The usefulness and reproducibility of translational experiments strongly depend on how robustly they are reported [122]. Full recommendations on how to report animal experiments have been provided in the ARRIVE guidelines [123]. Here, we summarize some important aspects that should be taken into account:

  • Objectives. The study report should clearly indicate the initial hypothesis as well as the primary and secondary objectives.

  • Design and methodology. The experimental design of the study and the methodology used should be clearly described. Sample size, experimental groups, randomization, negative controls, experimental procedures, treatments, animal housing, and statistical methods should be elaborated sufficiently to enable confirmation of results. Ethical permissions should also be specified.

  • Construct validity threats. Limitations of the animal model used in the study and possible threats to the translation of results to humans should be clearly acknowledged.

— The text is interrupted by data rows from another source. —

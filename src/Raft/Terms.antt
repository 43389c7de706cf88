-- ===== src/Raft/Terms.antt =====
-- How the term moves, over every input of src/raft/node.rs.
use ferrium.Common.{
  ◌+◌, ◌≤◌, ◌≡◌, arith, leb, ltb, if◌then◌else◌, u64, max, Bool-cases, inl, inr, none,
}
use ferrium.Raft.Message
use ferrium.Raft.Message.{
  NodeId, Message, request_vote, request_vote_reply, append_entries, append_entries_reply,
  install_snapshot, install_snapshot_reply,
}
use ferrium.Raft.State.{leader}
use ferrium.Raft.Node.{Rand, RaftNode}
use ferrium.Raft.Node.Roles.{become_follower, become_candidate}
use ferrium.Raft.Node.Handlers.{
  reject_append, accept_append, handle_request_vote, handle_append_entries, handle_install_snapshot,
}
use ferrium.Raft.Node.Drive.{tick, dispatch, step}
use ferrium.Raft.Frames.{broadcast_append-Kept, become_leader-Kept, request_loop_lem}
use ferrium.Raft.Contracts.{
  handle_append_entries_reply-Kept, handle_install_snapshot_reply-Kept,
  handle_request_vote_reply_lem,
}

module _ (R : Rand) where
  open R use {StdRng}

  dispatch-term :
      (from : NodeId) (msg : Message) (n : RaftNode StdRng)
      → Message.term msg ≤ n.current_term
      → (dispatch R from msg n).current_term ≡ n.current_term
  unfolding dispatch Message.term handle_request_vote handle_append_entries handle_install_snapshot
      reject_append accept_append
  dispatch-term from (request_vote m) n h = ground arith
  dispatch-term from (request_vote_reply m) n h = ground (arith, handle_request_vote_reply_lem m n)
  dispatch-term from (append_entries m) n h = ground arith
  dispatch-term from (append_entries_reply m) n h =
      ground (arith, handle_append_entries_reply-Kept from m n)
  dispatch-term from (install_snapshot m) n h = ground arith
  dispatch-term from (install_snapshot_reply m) n h =
      ground (arith, handle_install_snapshot_reply-Kept from m n)

  -- After any message the term is the greater of the node's and the message's: it never falls, and
  -- a node that lags catches up at once.
  pub current_term-step :
      (from : NodeId) (msg : Message) (n : RaftNode StdRng)
      → (step R from msg n).current_term ≡ max n.current_term (Message.term msg)
  unfolding step become_follower
  current_term-step from msg n = elim (Bool-cases (ltb n.current_term (Message.term msg))) [
    | inl newer ↦ rw newer (
        ground (arith, newer, dispatch-term from msg (become_follower R (Message.term msg) none n)))
    | inr older ↦ rw older (ground (arith, older, dispatch-term from msg n))
  ]

  become_candidate-term :
      (n : RaftNode StdRng) → (become_candidate R n).current_term ≡ u64 (n.current_term + 1)
  unfolding become_candidate
  become_candidate-term n = grind (arith, become_leader-Kept, request_loop_lem)

  -- A tick leaves a leader's term alone; it raises another node's term by one, modulo 2^64, if its
  -- election timeout runs out, and keeps it otherwise.
  current_term-tick :
      (n : RaftNode StdRng)
      → (tick R n).current_term ≡ elim n.role [
        | leader ↦ n.current_term
        | _ ↦
            if leb n.election_timeout (u64 (n.election_elapsed + 1))
            then u64 (n.current_term + 1)
            else n.current_term
      ]
  unfolding tick
  current_term-tick n = grind (arith, broadcast_append-Kept, become_candidate-term)
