-- ===== src/Raft/Votes.antt =====
-- Voting in src/raft/node.rs: when a vote is granted, how long it lasts, and how it is forgotten.
use ferrium.Common.{
  ◌≤◌, ◌≡◌, ◌≢◌, arith, ltb, ◌==◌, if◌then◌else◌, max, Bool, true, false, ◌&&◌, ◌||◌, not, Option,
  none, some, str_eq, [], ◌∷◌, ◌++◌, str_eq_iff,
}
use ferrium.Raft.Log
use ferrium.Raft.Message
use ferrium.Raft.Message.{
  NodeId, RequestVote, AppendEntries, Message, request_vote, request_vote_reply, append_entries,
  append_entries_reply, install_snapshot, install_snapshot_reply,
}
use ferrium.Raft.Node.{Rand, RaftNode}
use ferrium.Raft.Node.Roles.{become_follower}
use ferrium.Raft.Node.Handlers.{
  grants, can_vote, candidate_is_up_to_date, reject_append, accept_append, handle_request_vote,
  handle_append_entries,
}
use ferrium.Raft.Node.Drive.{dispatch, step}
use ferrium.Raft.Contracts.{
  handle_append_entries_reply-Kept, handle_install_snapshot_reply-Kept,
  handle_request_vote_reply_lem,
}

-- The node has not voted for another candidate.
abbrev pub is_free_for : NodeId → Option NodeId → Bool
is_free_for candidate none = true
is_free_for candidate (some v) = str_eq v candidate

module _ {G : Type 0} where
  -- The candidate's log is behind: its last entry has an older term than the node's, or the same
  -- term and a lower index.
  abbrev pub is_behind : RequestVote → RaftNode G → Bool
  is_behind m n =
      ltb m.last_log_term (Log.last_term n.log)
      || (m.last_log_term == Log.last_term n.log && ltb m.last_log_index (Log.last_index n.log))

  -- The rule of the paper (5.2, 5.4.1): a newer term, or the same term with no vote for another,
  -- and a log that is not behind.
  abbrev pub deserves_vote : RequestVote → RaftNode G → Bool
  deserves_vote m n =
      (ltb n.current_term m.term
        || (m.term == n.current_term && is_free_for m.candidate_id n.voted_for))
      && not (is_behind m n)

module _ (R : Rand) where
  open R use {StdRng}

  -- A vote request adds one message, a reply to the candidate in the greater of the two terms. It
  -- grants the vote exactly if the term is newer, or the same with no vote for another candidate,
  -- and the last entry of the candidate's log is of a newer term than that of the node's, or of
  -- the same term with an index that is not lower. The vote is recorded exactly then; otherwise a
  -- newer term clears the old vote and any other leaves it.
  pub step-request_vote :
      (from : NodeId) (m : RequestVote) (n : RaftNode StdRng)
      → ((step R from (request_vote m) n).outgoing
          ≡ n.outgoing
            ++ record {
              to = m.candidate_id;
              message = request_vote_reply (record {
                term = max n.current_term m.term;
                voter_id = n.id;
                vote_granted = deserves_vote m n;
              });
            }
              ∷ [])
        × ((step R from (request_vote m) n).voted_for ≡ (
            if deserves_vote m n
            then some m.candidate_id
            else if ltb n.current_term m.term
            then none
            else n.voted_for))
  unfolding step dispatch Message.term become_follower handle_request_vote can_vote
      candidate_is_up_to_date
  step-request_vote from m n = ground arith

  -- The messages that can make a node forget a vote of its current term.
  abbrev pub IsFromLeader : Message → Type 0
  IsFromLeader (append_entries m) = Unit
  IsFromLeader (install_snapshot m) = Unit
  IsFromLeader _ = ⊥

  -- A message of a term that is not newer, other than AppendEntries and InstallSnapshot, leaves a
  -- vote as it is.
  voted_for-step :
      (from : NodeId) (msg : Message) (n : RaftNode StdRng) (v : NodeId)
      → n.voted_for ≡ some v
      → Message.term msg ≤ n.current_term
      → ¬ IsFromLeader msg
      → (step R from msg n).voted_for ≡ some v
  unfolding step dispatch Message.term handle_request_vote can_vote
  voted_for-step from (request_vote m) n v e h l = ground (arith, str_eq_iff v m.candidate_id)
  voted_for-step from (request_vote_reply m) n v e h l =
      ground (arith, handle_request_vote_reply_lem m n)
  voted_for-step from (append_entries m) n v e h l = absurd (l tt)
  voted_for-step from (append_entries_reply m) n v e h l =
      ground (arith, handle_append_entries_reply-Kept from m n)
  voted_for-step from (install_snapshot m) n v e h l = absurd (l tt)
  voted_for-step from (install_snapshot_reply m) n v e h l =
      ground (arith, handle_install_snapshot_reply-Kept from m n)

  -- A heartbeat of the current term makes the node forget whom it voted for in that term.
  voted_for-append_entries :
      (from : NodeId) (m : AppendEntries) (n : RaftNode StdRng)
      → n.current_term ≤ m.term
      → (step R from (append_entries m) n).voted_for ≡ none
  unfolding step dispatch Message.term become_follower handle_append_entries reject_append
      accept_append
  voted_for-append_entries from m n h = ground arith

  current_term-append_entries :
      (from : NodeId) (m : AppendEntries) (n : RaftNode StdRng)
      → m.term ≡ n.current_term
      → (step R from (append_entries m) n).current_term ≡ n.current_term
  unfolding step dispatch Message.term become_follower handle_append_entries reject_append
      accept_append
  current_term-append_entries from m n h = ground arith

  log-append_entries :
      (from : NodeId) (m : AppendEntries) (n : RaftNode StdRng)
      → m.entries ≡ []
      → (step R from (append_entries m) n).log ≡ n.log
  unfolding step dispatch Message.term become_follower handle_append_entries reject_append
      accept_append Log.splice Log.splice_loop
  log-append_entries from m n h = ground arith

  -- A node that voted for one candidate refuses an up-to-date second candidate of its current
  -- term, but grants the second its vote after a heartbeat of that same term.
  pub second_vote :
      (from : NodeId) (m : AppendEntries) (r : RequestVote) (n : RaftNode StdRng) (v : NodeId)
      → n.voted_for ≡ some v
      → v ≢ r.candidate_id
      → m.term ≡ n.current_term
      → m.entries ≡ []
      → r.term ≡ n.current_term
      → candidate_is_up_to_date n r.last_log_index r.last_log_term ≡ true
      → (grants r n ≡ false) × (grants r (step R from (append_entries m) n) ≡ true)
  unfolding grants candidate_is_up_to_date can_vote
  second_vote from m r n v voted other mt empty rt fresh = (
    ground (arith, str_eq_iff v r.candidate_id),
    ground (
      arith,
      voted_for-append_entries from m n,
      current_term-append_entries from m n,
      log-append_entries from m n,
    ),
  )
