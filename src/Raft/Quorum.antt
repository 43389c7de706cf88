-- ===== src/Raft/Quorum.antt =====
-- Two majorities of one cluster of src/raft/node.rs share a member.
use ferrium.Common.{
  ℕ, ◌+◌, ◌≤◌, ◌<◌, ◌≡◌, ap, arith, List, [], ◌∷◌, length, true, false, ◌&&◌, if◌then◌else◌,
  Bool-cases, inl, inr, str_eq, str_eq_iff,
}
use ferrium.Raft.Message.{NodeId}
use ferrium.Raft.State.{contains}
use ferrium.Raft.Node.{RaftNode, majority}
use ferrium.Raft.Election.{Distinct}

-- Every name of the first list is in the second.
abbrev pub Within : List NodeId → List NodeId → Type 0
Within [] c = Unit
Within (v ∷ vs) c = (contains c v ≡ true) × Within vs c

-- The members of `c` in `vs`.
present : List NodeId → List NodeId → ℕ
present vs [] = 0
present vs (m ∷ c) = (if contains vs m then 1 else 0) + present vs c

present_mono : (v : NodeId) (vs c : List NodeId) → present vs c ≤ present (v ∷ vs) c
unfolding present contains
present_mono v vs [] = omega arith
present_mono v vs (m ∷ c) = ground (arith, present_mono v vs c)

-- Adding a new name of the cluster adds a member.
present-cons :
    (v : NodeId) (vs c : List NodeId)
    → contains vs v ≡ false
    → contains c v ≡ true
    → present vs c + 1 ≤ present (v ∷ vs) c
unfolding present contains
present-cons v vs [] fresh h = cc
present-cons v vs (m ∷ c) fresh h = elim (Bool-cases (str_eq v m)) [
  | inl same ↦
      let e : v ≡ m = (str_eq_iff v m).0 same in
      ground (arith, present_mono v vs c, ap (contains vs) e)
  | inr other ↦ ground (arith, other, str_eq_iff m v, str_eq_iff v m, present-cons v vs c fresh)
]

length-le-present : (vs c : List NodeId) → Distinct vs → Within vs c → length vs ≤ present vs c
length-le-present [] c d w = omega arith
length-le-present (v ∷ vs) c d w =
    omega (arith, present-cons v vs c d.0 w.0, length-le-present vs c d.1 w.1)

-- More members than the cluster has: one is in both.
common :
    (vs ws c : List NodeId)
    → length c < present vs c + present ws c
    → (m : NodeId) × (contains vs m ≡ true) × (contains ws m ≡ true)
unfolding present
common vs ws [] h = absurd (omega arith)
common vs ws (m ∷ c) h = elim (Bool-cases (contains vs m && contains ws m)) [
  | inl both ↦ (m, ground (arith, both), ground (arith, both))
  | inr not_both ↦ common vs ws c (ground (arith, not_both))
]

-- Two lists of distinct voters from a node's cluster, each of at least a majority, have a voter in
-- common.
pub majority-common :
    {G : Type 0} (n : RaftNode G) (vs ws : List NodeId)
    → Distinct vs
    → Distinct ws
    → Within vs (n.id ∷ n.peers)
    → Within ws (n.id ∷ n.peers)
    → majority n ≤ length vs
    → majority n ≤ length ws
    → (m : NodeId) × (contains vs m ≡ true) × (contains ws m ≡ true)
unfolding majority
majority-common n vs ws dv dw iv iw mv mw = common vs ws (n.id ∷ n.peers) (
    omega (
      arith,
      length-le-present vs (n.id ∷ n.peers) dv iv,
      length-le-present ws (n.id ∷ n.peers) dw iw,
    ))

  • Outcome and analysis. Results should include baseline characteristics and measurements for each animal group. All participating animals should be included in the report. If some of the animals are not included in the analysis, reasons for exclusion should be provided. Negative results should also be included and discussed in the final report.

Useful checklists are provided in the ARRIVE guidelines and also for specific types of study designs, as assembled in the EQUATOR initiative [123, 124].

Clinical Significance and Conclusions

Despite advances in recent years, HF prognosis remains poor and the need to develop new therapies is urgent. Several interventions with therapeutic potential have been identified over the last two decades in animal models, mainly mice. However, translation of these results to the clinic has been minimal. Inappropriate or incomplete preclinical studies represent a major hurdle for the development of new therapies for HF. Animal models need to express the human patient characteristics more faithfully. The introduction of co-morbidities and co-treatments in the experiments should be considered when establishing the model and confounding variables should be controlled. Translational studies should address toxicity as well as efficacy because many clinical trials fail due to lack of safety rather than lack of efficacy. A concerted, collective effort is needed to improve the usefulness of preclinical studies and boost the translation of results in animal experiments to humans. Researchers should improve the experimental design, statistical analysis, and use rigorous methodology. Funding agencies should recognize the need for proper financing of translational experiments, which will likely be more expensive than exploratory projects focused on the generation of knowledge. Academic institutions should value the effort and time invested in a truly translational project. Regulatory agencies could demand stronger preclinical studies prior to entering clinical trials (the fact that the FDA expects positive inotropes and anti-arrhythmic agents to be tested for arrhythmic activity in a cardiac disease model is a step in that direction). Similarly, scientific journals and other stakeholders could encourage the scientific community and the pharmaceutical industry to investigate species differences in adaptive and maladaptive responses to heart disease to increase the utility of animal studies in new cardiac drug discovery. These joint actions would help improve the quality of preclinical studies and reduce failure in subsequent clinical trials.